What do I call this maths thing?

What do I call this maths thing, and where do I find it, what does it mean, and how does one get to the answer? Also, if there are any articles relating to this thing, can you please provide them? ${\displaystyle 5+{\ 14 \over {\ 5+{\ 14 \over {5\ +{\ 14 \over {5\ +...}}}}}}}$ ► Adriaan90 ( Talk ♥ Contribs ) ♪♫ 19:05, 21 May 2007 (UTC)

I believe Continued fraction will have all the answers. -- Meni Rosenfeld (talk) 19:38, 21 May 2007 (UTC)

Thanks alot!
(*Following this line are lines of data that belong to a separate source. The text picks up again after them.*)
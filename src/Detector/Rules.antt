-- ===== src/Detector/Rules.antt =====
-- The detectors of src/detector.rs that are no plain patterns. A regular expression is known by the
-- ranges that it finds, `char::is_alphanumeric` by its answers: both are parameters.
use agent_veil.Detector.Decode.{chars}
use agent_veil.Detector.Matches.{
  slice, find, contains_text, match_indices, to_ascii_lowercase, to_ascii_uppercase, find_space,
  rfind, last_char, first_char, is_private_address,
}
use agent_veil.Detector.View.{ScanView, finding}
use agent_veil.Detector.{DetectorError}
use agent_veil.Domain.{Span, Finding, DataClass, DetectorId, Confidence}
use agent_veil.Engine.Slice.{is_char_boundary}
use agent_veil.Sse.Text.{starts_with}
use agent_veil.Prelude.{
  ℕ, zero, suc, ◌+◌, ◌-◌, Text, bytes, Bool, true, false, not, ◌&&◌, ◌||◌, ◌==◌, Option, none, some,
  List, [], ◌∷◌, ◌++◌, Result, ok, err, ◌>>=◌, if◌then◌else◌, take, drop, length, any, contains,
  unwrap_or, text_eq, is_ascii_alphanumeric,
}

abbrev pub Findings : Type 0
Findings = Result DetectorError (List Finding)

-- A loop that pushes the findings of each item.
unfoldable pub collect : {A : Type 0} → (A → Findings) → List A → Findings
collect f [] = ok []
collect f (a ∷ items) = do first ← f a; rest ← collect f items; ok (first ++ rest)

unfoldable pub push_finding : ScanView → Span → DataClass → DetectorId → Confidence → Findings
push_finding view span c d k = do made ← finding view span c d k; ok (made ∷ [])

abbrev pub begin_marker : Text
begin_marker = bytes "-----BEGIN "

abbrev pub private_key_labels : List Text
private_key_labels =
    bytes "PRIVATE KEY"
    ∷ bytes "ENCRYPTED PRIVATE KEY"
    ∷ bytes "RSA PRIVATE KEY"
    ∷ bytes "DSA PRIVATE KEY"
    ∷ bytes "EC PRIVATE KEY"
    ∷ bytes "OPENSSH PRIVATE KEY"
    ∷ []

-- What follows a begin marker: no end of it, another label up to a length, or a key of a length.
pub data KeyBlock : Type 0 where
  unfinished : KeyBlock
  other key : ℕ → KeyBlock

abbrev pub end_marker : Text → Text
end_marker label = bytes "-----END " ++ (label ++ bytes "-----")

-- The body of a key, which ends after its end marker; the number is the length up to the body.
unfoldable pub key_body : ℕ → Text → Text → KeyBlock
key_body n label body = elim (find (end_marker label) body) [
  | none ↦ KeyBlock.unfinished
  | some m ↦ KeyBlock.key (n + m + length (end_marker label))
]

-- The body of the loop, on the text from a begin marker on.
unfoldable pub key_block : Text → KeyBlock
key_block s =
    let rest = drop 11 s in
    elim (find (bytes "-----") rest) [
      | none ↦ KeyBlock.unfinished
      | some n ↦
          let label = take n rest in
          if contains private_key_labels label
          then key_body (11 + n + 5) label (drop (n + 5) rest)
          else KeyBlock.other (11 + n + 5)
    ]

-- The loop, from a position; the first number counts the bytes before the cursor that are still to
-- pass.
unfoldable pub private_keys_from : ScanView → ℕ → ℕ → Text → Findings
private_keys_from view skip i [] = ok []
private_keys_from view (suc skip) i (b ∷ s) = private_keys_from view skip (i + 1) s
private_keys_from view zero i (b ∷ s) = elim (starts_with (b ∷ s) begin_marker) [
  | false ↦ private_keys_from view 0 (i + 1) s
  | true ↦ elim (key_block (b ∷ s)) [
    | KeyBlock.unfinished ↦
        push_finding view (record { start = i; end = length view.text }) DataClass.private_key
          DetectorId.pem_private_key Confidence.high
    | KeyBlock.other n ↦ private_keys_from view (n - 1) (i + 1) s
    | KeyBlock.key n ↦
        push_finding view (record { start = i; end = i + n }) DataClass.private_key
          DetectorId.pem_private_key Confidence.high
        >>= (λ first. private_keys_from view (n - 1) (i + 1) s >>= (λ rest. ok (first ++ rest)))
  ]
]

unfoldable pub scan_private_keys : ScanView → Findings
scan_private_keys view = private_keys_from view 0 0 view.text

abbrev pub placeholders : List Text
placeholders =
    bytes "changeme"
    ∷ bytes "replace_me"
    ∷ bytes "placeholder"
    ∷ bytes "example_only"
    ∷ bytes "your_secret_here"
    ∷ []

unfoldable pub is_placeholder : Text → Bool
is_placeholder value =
    let lower = to_ascii_lowercase value in
    starts_with lower (bytes "${")
    || starts_with lower (bytes "<")
    || any (λ placeholder. text_eq lower placeholder) placeholders

-- A match of the whole expression with the range of its first group.
unfoldable pub env_assignment : ScanView → Span × Option Span → Findings
env_assignment view (whole, none) = ok []
env_assignment view (whole, some candidate) =
    if is_placeholder (slice view.text candidate)
    then ok []
    else push_finding view candidate DataClass.credentials
        (if starts_with (to_ascii_uppercase (drop whole.start view.text))
            (bytes "AWS_SECRET_ACCESS_KEY")
          then DetectorId.aws_secret_assignment
          else DetectorId.env_credential_assignment)
        Confidence.contextual

unfoldable pub scan_env_assignments : ScanView → List (Span × Option Span) → Findings
scan_env_assignments view captures = collect (env_assignment view) captures

unfoldable pub scan_email : ScanView → List Span → Findings
scan_email view matches =
    collect
      (λ candidate. push_finding view candidate DataClass.email DetectorId.email Confidence.high)
      matches

unfoldable pub private_ipv4 : ScanView → Span → Findings
private_ipv4 view candidate =
    if is_private_address (slice view.text candidate)
    then push_finding view candidate DataClass.private_ipv4 DetectorId.private_ipv4 Confidence.high
    else ok []

unfoldable pub scan_private_ipv4 : ScanView → List Span → Findings
scan_private_ipv4 view matches = collect (private_ipv4 view) matches

abbrev pub phone_labels : List Text
phone_labels =
    bytes "phone" ∷ bytes "mobile" ∷ bytes "telephone" ∷ bytes "tel" ∷ bytes "contact" ∷ []

-- The 32 bytes before the candidate are sliced; inside a character the slice panics.
unfoldable pub phone : ScanView → Span → Findings
phone view candidate =
    let context_start = candidate.start - 32 in
    let context =
      to_ascii_lowercase
        (slice view.text (record { start = context_start; end = candidate.start })) in
    if not (is_char_boundary view.text context_start)
    then err DetectorError.panicked
    else if any (λ label. contains_text context label) phone_labels
    then push_finding view candidate DataClass.phone DetectorId.phone Confidence.contextual
    else ok []

unfoldable pub scan_phone : ScanView → List Span → Findings
scan_phone view matches = collect (phone view) matches

unfoldable pub is_hostname_character : Text → Bool
is_hostname_character (b ∷ []) = is_ascii_alphanumeric b || b == b'-' || b == b'.'
is_hostname_character _ = false

module _ (is_alphanumeric : Text → Bool) where
  unfoldable pub is_word_character : Option Text → Bool
  is_word_character none = false
  is_word_character (some c) = is_alphanumeric c || text_eq c (bytes "_")

  -- Both slices panic inside a character.
  unfoldable pub is_boundary : Text → ℕ → ℕ → Result DetectorError Bool
  is_boundary value start end =
      if not (is_char_boundary value start && is_char_boundary value end)
      then err DetectorError.panicked
      else ok (
          not (is_word_character (last_char (chars (take start value))))
          && not (is_word_character (first_char (chars (drop end value)))))

  -- A match that stands between boundaries.
  unfoldable pub bounded : ScanView → Span → DataClass → DetectorId → Findings
  bounded view span c d = do
    at_boundary ← is_boundary view.text span.start span.end
    if at_boundary then push_finding view span c d Confidence.high else ok []

  -- Where the name begins that ends in a suffix: a byte behind the last character of no name.
  unfoldable pub hostname_start : Text → ℕ → ℕ
  hostname_start value start =
      elim (rfind (λ c. not (is_hostname_character c)) 0 (chars (take start value))) [
        | none ↦ 0
        | some index ↦ index + 1
      ]

  unfoldable pub internal_hostname : ScanView → Text → ℕ → Findings
  internal_hostname view suffix start =
      let from = hostname_start view.text start in
      if from == start
      then ok []
      else bounded view (record { start = from; end = start + length suffix })
          DataClass.internal_hostname DetectorId.internal_hostname

  unfoldable pub internal_hostnames : ScanView → Text → Findings
  internal_hostnames view suffix =
      collect (internal_hostname view suffix) (match_indices (to_ascii_lowercase view.text) suffix)

  unfoldable pub custom_term : ScanView → Text → Findings
  custom_term view term =
      collect
        (λ start.
          bounded view (record { start = start; end = start + length term }) DataClass.custom_term
            DetectorId.custom_term)
        (match_indices view.text term)

  unfoldable pub home_path : ScanView → Text → Findings
  home_path view prefix =
      collect
        (λ start.
          push_finding view
            (record {
              start = start;
              end = unwrap_or (find_space start (drop start view.text)) (length view.text);
            })
            DataClass.home_path DetectorId.home_path Confidence.high)
        (match_indices view.text prefix)

  unfoldable pub scan_configured : ScanView → List Text → List Text → List Text → Findings
  scan_configured view suffixes terms prefixes = do
    hostnames ← collect (internal_hostnames view) suffixes
    custom ← collect (custom_term view) terms
    paths ← collect (home_path view) prefixes
    ok (hostnames ++ (custom ++ paths))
I guess I should sharpen up my English skills lol :P ► Adriaan90 ( Talk ♥ Contribs ) ♪♫ 19:45, 21 May 2007 (UTC)

Although this thing is in fact a generalized continued fraction. The statement "... are precisely ..." about periodic continued fractions in the article Continued fraction also holds for the generalized ones if you make a small modification: omit the word "irrational" from that statement. In the generalized case you still get solutions of quadratic equations, but they may be rational. The articles do not actually say how to obtain the exact answer. It is rather simple, though. Call the whole thing x, so

${\displaystyle x=5+{\ 14 \over {\ 5+{\ 14 \over {5\ +...}}}}\,.}$

Note that the (infinite) expression for x reappears as the denominator of the fraction whose numerator equals 14, so we can replace that denominator by x without change of meaning. This means that whatever the value of x is (assuming it has a value; but all continued fractions do), x satisfies

${\displaystyle x=5+{\ 14 \over x}\,.}$

If you simplify this, you end up with a quadratic equation. It has two roots, but only one can be the right answer. It is not hard to figure out which one.  --Lambiam^Talk 21:54, 21 May 2007 (UTC)

Sorry, another question

Is it mathematically possible to determine k, if (x^3 - 7x^2 + kx + 13) / (x - 3) gives a remainder of 4? Isn't the value of x needed to find k? I've checked Polynomial remainder theorem and Factor theorem but I can't seem to find anything there. ► Adriaan90 ( Talk ♥ Contribs ) ♪♫ 20:51, 21 May 2007 (UTC)

What do you get when you apply the polynomial remainder theorem to find the remainder of x³ − 7x² + kx + 13 divided by x − 3?  --Lambiam^Talk 21:23, 21 May 2007 (UTC)

This is polynomial long division, not regular division. — Daniel 21:26, 21 May 2007 (UTC)

What a fun question. Working with integer remainders, recall that removing all multiples of divisor d from n leaves a number less than d. Similarly, when working with polynomials the remainder must have degree less than that of the divisor. Here the divisor has degree one, so the remainder must be a constant, independent of x. Of course, in this case the "constant" will be a symbolic expression involving k. If the abstractions are too confusing, try assigning k numeric values from 1 to 5 and calculate the remainder each time; chances are you will quickly understand. --KSmrq^T 21:43, 21 May 2007 (UTC)

[Edit conflict] You may be confusing two different things: The remainder of division of the integers ${\displaystyle x^{3}-7x^{2}+kx+13}$ and ${\displaystyle x-3}$, for some unspecified but fixed integer value of x, as opposed to the remainder of division of the polynomials ${\displaystyle x^{3}-7x^{2}+kx+13}$ and ${\displaystyle x-3}$. The latter is discussed in Polynomial remainder theorem, and Lambiam hints at how to solve the problem. In case you mean the former, I suppose the problem is indeed unsolvable. -- Meni Rosenfeld (talk) 21:29, 21 May 2007 (UTC)